South Beach, SOMA, Nob Hill, and Pacific Heights were all passed by until we found ourselves in Fort Mason again after all these years. Five years since that year that refused to be a year, 2015. We reached the gorgeous green in front of Fort Mason before the steps that lead many an awestruck man down to the old Naval Base turned shops, restaurants, and theater. The greatest snapshot she grabbed was of the Golden Gate Bridge off in the distance, Northwest of us: pink sunset overhead, windswept eucalyptus trees below. Few things look more Californian, more San Franciscan. My heritage, my gorgeous heritage in a snapshot. Celine appeared to reach a kind of resolve from her madness in that moment.
But then we descended from the vista point of the green, down the storied steps, and she stopped and stared at me with all-knowing, all-seeing eyes and told me something that cut to my bones.

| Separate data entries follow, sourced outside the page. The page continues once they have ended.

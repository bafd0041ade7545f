-- ===== src/Serving/Walking.antt =====
-- conn.go, walkCq: it ends.
use iouring_go.Base.{
  ℕ, suc, ◌+◌, ◌<◌, ◌≤◌, ◌≡◌, refl, Bool, true, false, not, ◌&&◌, List, [], ◌∷◌, Option, none, some,
  bit_and, ◌==◌, ltb, if◌then◌else◌, length, get_elem?-some, take, drop, length-take, length-drop,
  arith, set, length-set, inl, inr, Option-cases, Bool-cases,
}
use iouring_go.Base.Outcome.{Outcome, done}
use iouring_go.Entry.{CompletionEntry}
use iouring_go.Queue.{CompletionQueue}
use iouring_go.Lookup.{is_seen, marked}
use iouring_go.Listener.{Conn, Conns, conn_of, look, mark, walk_cq}

-- Where a loop of walkCq has found something.
look-in :
    (i idx : ℕ) (b : Bool) (conns : Conns) (es : List CompletionEntry) (j s : ℕ) (c : Conn)
    → look i es idx b conns ≡ some (j, s, c)
    → (i ≤ j) × (j < i + length es)
unfolding look
look-in i idx b conns [] j s c h = absurd cc
look-in i idx b conns (e ∷ es) j s c h = elim (Option-cases (conn_of e.user_data conns)) [
  | inl p ↦
      let front : Bool = is_seen e && not b in
      let rest =
        look-in (i + 1) (if front then i else idx) (if front then b else true) conns es j s c
          (ground (arith, p, h)) in
      (omega (arith, rest.0), omega (arith, rest.1))
  | inr (d, p) ↦ (ground (arith, p, h), ground (arith, p, h))
]

-- How walkCq ends for a queue: with nothing changed, or with a connection, and the queue's tail and size
-- as they were.
pub data Walked (cq : CompletionQueue) : Option Conn → CompletionQueue → Type 0 where
  nothing : Walked cq none cq
  something :
      {c : Conn} {cq' : CompletionQueue}
      → length cq'.entries ≡ length cq.entries
      → cq'.tail ≡ cq.tail
      → cq'.mask ≡ cq.mask
      → Walked cq (some c) cq'

module _ (cq : CompletionQueue) (conns : Conns) where
  abbrev pub Walks : Outcome (Option Conn × CompletionQueue) → Type 0
  Walks o =
      (got : Option Conn) × (cq' : CompletionQueue) × (o ≡ done (got, cq')) × Walked cq got cq'

  mark-Walks : (i s : ℕ) (c : Conn) → i < length cq.entries → Walks (mark i s c cq)
  unfolding mark
  mark-Walks i s c lt =
      let (e, at) = get_elem?-some cq.entries i lt in
      (
        some c,
        record cq {
          entries = set cq.entries i (marked e);
          head = if ltb cq.head s then s else cq.head;
        },
        ground (arith, at),
        something (length-set cq.entries i (marked e)) refl refl,
      )

  pub walk_cq-Walks : bit_and cq.tail cq.mask < length cq.entries → Walks (walk_cq cq conns)
  unfolding walk_cq
  walk_cq-Walks fits =
      let h : ℕ = bit_and cq.head cq.mask in
      let t : ℕ = bit_and cq.tail cq.mask in
      let front : List CompletionEntry = take (suc t) cq.entries in
      elim (Bool-cases (h == t)) [
        | inl p ↦ (none, cq, ground (arith, p), nothing)
        | inr p ↦ elim (Option-cases (look h (drop h front) h false conns)) [
          | inr ((i, s, c), e) ↦
              let b = look-in h h false conns (drop h front) i s c e in
              let (got, cq', m, w) =
                mark-Walks i s c
                  (omega (arith, b.1, length-drop h front, length-take (suc t) cq.entries)) in
              (got, cq', ground (arith, p, e, m), w)
          | inl e ↦ elim (Option-cases (look 0 front 0 false conns)) [
            | inr ((i, s, c), e') ↦
                let b = look-in 0 0 false conns front i s c e' in
                let (got, cq', m, w) =
                  mark-Walks i s c (omega (arith, b.1, length-take (suc t) cq.entries)) in
                (got, cq', ground (arith, p, e, e', m, fits), w)
            | inl e' ↦ (none, cq, ground (arith, p, e, e', fits), nothing)
          ]
        ]
      ]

“You’re going to marry someone else Arthur. I just know it.”
A vague image of a lovely brunette woman flashed through my psyche.
I flinched.
I gripped my stubbornness with rehearsed, robotic zeal.
“Celine, stop saying things like this. I’m not going to marry someone else.”
Celine softly smiled, grinning to herself looking down at her feet for a moment before looking back with that all-knowing gaze.
“Yes you will Arthur. I know. I just know.”
“You don’t know anything, stop this nonsense. I’m not going to marry someone else. I’m going to marry you.”
“I don’t know Arthur…”
“But I know,” I protested, walking up to her and embracing her, hoping to smother her latest protest that was far more real than a prior manic episode.
“Should we keep walking to the Marina?” I asked.
“I don’t know, I’m getting quite cold. I’d like to have dinner now.”
I had no strength in me left to walk down this dead road. To go back to a restaurant where we shared nothing but an appetizer and a sad conversation.